Domenica «in laetare»: la nostra gioia è in Cristo

Il Vangelo di questa domenica ci presenta un passaggio del dialogo notturno fra Gesù di Nazaret e Nicodemo, uno dei capi degli ebrei, del gruppo dei farisei.

Un personaggio conosciuto e stimato all’interno del popolo, Nicodemo, di notte, va da Gesù, per conoscerlo meglio, per vedere se è realmente colui che viene da Dio, l’atteggiamento di Nicodemo è interessante, ma la sua visuale è limitata, non riesce a fare un passo in più.

Gesù però non lo abbandona, anzi, dopo aver dialogato con lui, inizia un discorso interessante, che tocca parecchi punti della sua missione.

Il discorso inizia con un riferimento tratto dal libro dei Numeri, dove Dio invia sulla terra dei serpenti velenosi, e l’unico modo che ha l’uomo per salvarsi è alzare lo sguardo verso il serpente che Dio ha dato a Mosè. Credo sia importante dirci qual’è il significato di questo: non è Mosè che guarisce, ne tanto meno il serpente, sollevare lo sguardo a Dio, l’unico che può salvare l’uomo dal male.

Innalzare, termine costante nel Vangelo di Giovanni, Gesù non è posto in croce, ma innalzato, e la croce ha un aspetto regale, di esaltazione del Figlio di Dio. «Bisogna che il Figlio dell’uomo, che è il Figlio di Dio, sia innalzato e finisca in Croce. Lì finisce il male. Perché sulla Croce comprendiamo la gloria di Dio e qual è la gloria di Dio? È quello di Uno che ci ama talmente da dare la vita anche se lo mettiamo in Croce». (Fausti-Clerici)

Si, è solo con l’amore e per amore che capiamo la croce. È l’amore smisurato di Dio che non fa risparmiare nemmeno suo Figlio. Gesù ha accettato, in obbedienza a suo Padre, e per amore nostro, di venire a condividere la nostra condizione e accettare di consegnarsi nelle nostre mani.

La salvezza sta tutta nell’accogliere il suo servizio. Noi pensiamo al servizio come un qualcosa che poi deve tornare a noi, ma la salvezza non sta nel fare noi qualcosa per Dio, ma piuttosto  sta nell’accogliere quanto Lui fa per noi.

Il Figlio è il grande dono del Padre per noi,Gesù è la luce che viene nelle tenebre. Gesù stesso afferma: «Dio non ha mandato il Figlio nel mondo per condannare il mondo, ma perché il mondo sia salvato per mezzo di Lui»; cioè, l’amore di Dio è rivolto a ciascuno di noi, appropriato a noi proprio come un abito cucito su misura, se questo amore viene accettato senza condizionamenti, allora esplode la gioia, allora è da vivere nella quotidianità e nelle cose che facciamo, nei posti di lavoro dove siamo, per gli altri e con gli altri.

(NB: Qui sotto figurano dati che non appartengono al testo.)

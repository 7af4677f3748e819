-- ===== src/Tests/System.antt =====
-- Processes, agent and host together at concrete inputs.
use vm_authn_scope.Tests.Encoding.{
  request_json, response_json, requests-Lawful, responses-Readable, short, encode_request,
  decode_request, workloads_dec, encode_workloads, encode_response, decode_response,
}
use vm_authn_scope.Prelude.{◌≡◌, refl, true, [], ◌∷◌, ◌++◌, All, arith, text_dec, ℕ_discrete}
use vm_authn_scope.Prelude.Result.{ok}
use vm_authn_scope.Prelude.Text.{lit}
use vm_authn_scope.Prelude.Dict.{lookup, NodupKeys}
use vm_authn_scope.Prelude.Errors.{Bytes}
use vm_authn_scope.Proto.Wire.{AgentRequest, handshake, handshake_ok}
use vm_authn_scope.Proto.Codec.Lawful.{frame_room}
use vm_authn_scope.Server.Config.{VmEntry}
use vm_authn_scope.Agent.Exchange.Hosted.{host}
use vm_authn_scope.Agent.Exchange.Allowed.{Transport, Answers, exchange-Answers}
use vm_authn_scope.Agent.Match.Hosted.{HasDistinct}
use vm_authn_scope.Agent.Request.{World, AgentState}
use vm_authn_scope.Agent.Startup.{run_agent}
use vm_authn_scope.Agent.Api.{Task, Ended, Api, opened, end_task, Reach, here, next, accepted, ran}
use vm_authn_scope.Agent.Api.Disclosed.{IsServed}
use vm_authn_scope.Agent.Api.Hosted.{Connected, IsEntitled, run_agent-IsEntitled}
use vm_authn_scope.Agent.Startup.{perform_handshake, workloads_from}
use vm_authn_scope.Agent.Dial.{connect_with_local_port}
use vm_authn_scope.Agent.Exchange.{exchange, bind_listener}
use vm_authn_scope.Proto.Codec.{
  send_json, write_all, to_be_bytes, recv_json, read_exact, from_be_bytes,
}
use vm_authn_scope.Server.Handler.{handle_connection, collect_workloads}
use vm_authn_scope.Server.Config.{parse_text}
use vm_authn_scope.Server.Policy.{ttl_seconds}
use vm_authn_scope.Prelude.Text.{split, trim, splitn}
use vm_authn_scope.Prelude.Dict.{insert}
use vm_authn_scope.Prelude.{List, option_nat_dec, option_text_dec}
use vm_authn_scope.Prelude.Utf8.{is_utf8}
use vm_authn_scope.Agent.Api.{run_task}
use vm_authn_scope.Agent.Conn.{handle_workload_conn, observe, read_line}
use vm_authn_scope.Agent.Match.{match_workload}
use vm_authn_scope.Agent.Cache.{get_or_fetch_credentials}
use vm_authn_scope.Agent.Request.{request_cert_on_demand}
use vm_authn_scope.Agent.Csr.{generate_csr, csr_params}
use vm_authn_scope.Agent.Dial.{host_cid}
use vm_authn_scope.Server.Policy.{resolve}
use vm_authn_scope.Ca.Signing.{sign_csr}
use vm_authn_scope.Ca.Authority.{rcgen_cert, key_pair}
use mathlib.Core.Path.{subst}
use vm_authn_scope.Agent.Api.Evaluated.{CsrReads, IsEvaluated, run_agent-IsEvaluated}
use vm_authn_scope.Evaluator.Issued.{common_names}
use vm_authn_scope.Tests.Ca.{interop, authentic, subject-common_names}
use vm_authn_scope.Tests.World.{
  rcgen, x509, made, vm_a, web, kernel, world, io_text, agent_config, empty_stream,
}
use vm_authn_scope.Tests.Server.{host_config, al_workloads, entry_a}
use vm_authn_scope.Tests.Workload.{around, cred}

abbrev net : World rcgen
net = record world {
  request_json = request_json;
  response_json = response_json;
  kernel = record kernel {
    reply = λ t bytes.
        host rcgen io_text request_json response_json host_config made 100 3 frame_room bytes;
  };
}

transport : Transport rcgen io_text request_json response_json host_config made 3 net.kernel
transport = record {
  time = λ t. 100;
  room = frame_room;
  wide = omega arith;
  hands = λ fd t bytes. refl;
}

connected : Connected rcgen x509 net agent_config host_config made 3
connected = record {
  requests = requests-Lawful;
  responses = responses-Readable;
  transport = transport;
}

distinct : HasDistinct host_config 3 vm_a
unfolding lookup text_dec ℕ_discrete
distinct entry found =
    let same : entry_a ≡ entry = cc (found) in
    subst (λ (e : VmEntry). NodupKeys e.identities) same (refl, tt)

abbrev started : AgentState
started = record {
  cache = [];
  listening = true;
  workloads = al_workloads;
  trace = (run_agent rcgen net agent_config []).1;
}

starts : (run_agent rcgen net agent_config []).0 ≡ ok started
unfolding run_agent perform_handshake connect_with_local_port exchange send_json short
    encode_request write_all to_be_bytes recv_json read_exact host handle_connection from_be_bytes
    decode_request ℕ_discrete lookup text_dec bind_listener workloads_from split parse_text
    collect_workloads insert trim splitn ttl_seconds decode_response encode_response
    encode_workloads workloads_dec transport
starts = refl

-- A process that sends one line.
abbrev caller : Task
caller = record {
  peer_cred = ok cred;
  stream = record empty_stream { incoming = lit "f" ++ b'\n' ∷ [] };
}

abbrev called : Api
called = record { agent = started; waiting = caller ∷ []; ended = [] }

abbrev answered : Api
answered = end_task rcgen x509 net agent_config around caller [] called

reached : Reach rcgen x509 net agent_config (opened started) answered
reached =
    next (next here (accepted (opened started) caller refl)) (ran called around [] [] caller refl)

run_agent-IsEntitled_example :
    All
      (IsServed (IsEntitled rcgen x509 net agent_config host_config made 3) al_workloads)
      answered.ended
run_agent-IsEntitled_example =
    run_agent-IsEntitled rcgen x509 net agent_config host_config made 3 [] started answered
      connected distinct starts reached

outgoings : List Ended → List Bytes
outgoings [] = []
outgoings (end ∷ ends) = end.task.stream.outgoing ∷ outgoings ends

-- The connection is sent a certificate and a line feed.
disclosed : outgoings answered.ended ≡ (web ++ b'\n' ∷ []) ∷ []
unfolding run_agent perform_handshake connect_with_local_port exchange send_json short
    encode_request write_all to_be_bytes recv_json read_exact host handle_connection from_be_bytes
    decode_request ℕ_discrete lookup text_dec bind_listener workloads_from split parse_text
    collect_workloads insert trim splitn ttl_seconds decode_response encode_response
    encode_workloads workloads_dec end_task run_task handle_workload_conn match_workload observe
    option_nat_dec option_text_dec read_line is_utf8 get_or_fetch_credentials request_cert_on_demand
    generate_csr csr_params host_cid resolve sign_csr rcgen_cert key_pair outgoings
disclosed = refl

abbrev greeting : AgentRequest
greeting = handshake 1 vm_a

exchange-Answers_example :
    Answers rcgen io_text request_json response_json host_config made 3 net.kernel 100 greeting
      (handshake_ok al_workloads)
unfolding exchange send_json short encode_request write_all to_be_bytes recv_json read_exact host
    handle_connection from_be_bytes decode_request ℕ_discrete lookup text_dec split parse_text
    collect_workloads insert trim splitn ttl_seconds decode_response encode_response
    encode_workloads workloads_dec transport
exchange-Answers_example =
    exchange-Answers rcgen io_text request_json response_json host_config made 3 net.kernel 3
      (lit "sending") (lit "receiving") greeting [] (handshake_ok al_workloads) transport
      requests-Lawful responses-Readable refl

csr_reads : CsrReads rcgen
unfolding common_names
csr_reads = record {
  reads = λ params key pem h. (_, refl, subject-common_names params.distinguished_name h);
}

run_agent-IsEvaluated_example : All (IsServed (IsEvaluated x509) al_workloads) answered.ended
run_agent-IsEvaluated_example =
    run_agent-IsEvaluated rcgen x509 net agent_config host_config made 3 interop [] started answered
      authentic csr_reads connected distinct starts reached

La luce che venuta nel mondo, è quella che illumina le tenebre dell’ignoranza e dei pregiudizi, è la luce che fa vedere il mondo con occhi nuovi. Nicodemo ci aiuta oggi a fare un passo avanti, un passo a volte lento, appesantito dalle nostre tante cose, ma se fatto con fede ci porta verso la luce. Passo dopo passo arriviamo a un cammino di liberazione, un cammino che porta alla verità di Dio. Quando si è in un tunnel non si vede l’ora di starne fuori e quando si vede la luce sembra che si tiri un sospiro di sollievo.

La fede ci aiuta a vedere  oltre ogni dolore, la morte di Cristo ci porta alla vita. Ancora una volta siamo davanti all’amore paradossale di Dio che richiede la nostra risposta di fede per rinnovare l’Alleanza con Lui. La Croce manifesta l’amore del Padre, quell’amore tanto grande che diventa incomprensibile al di fuori della Logica di Cristo. È lui la nostra Pasqua, la nostra Salvezza, la nostra Gioia; ecco perché «dominica in laetare». Rallegriamoci in Lui!

Siamo nel pieno di questo cammino quaresimale,  e perché questa domenica viene detta della gioia? In  noi abita la stessa domanda che, nella Divina Commedia, al canto XXIV del Paradiso, San Pietro Apostolo rivolge a Dante «Questa cara gioia, sopra la quale ogne virtù si fonda – chiede l’Apostolo -, onde ti venne?».

La risposta è chiara: «Dio ha tanto amato il mondo da dare il Figlio Unigenito, perché chiunque crede in Lui non vada perduto, ma abbia la vita eterna». Diffondiamo il buon profumo della gioia. Buon cammino a tutti.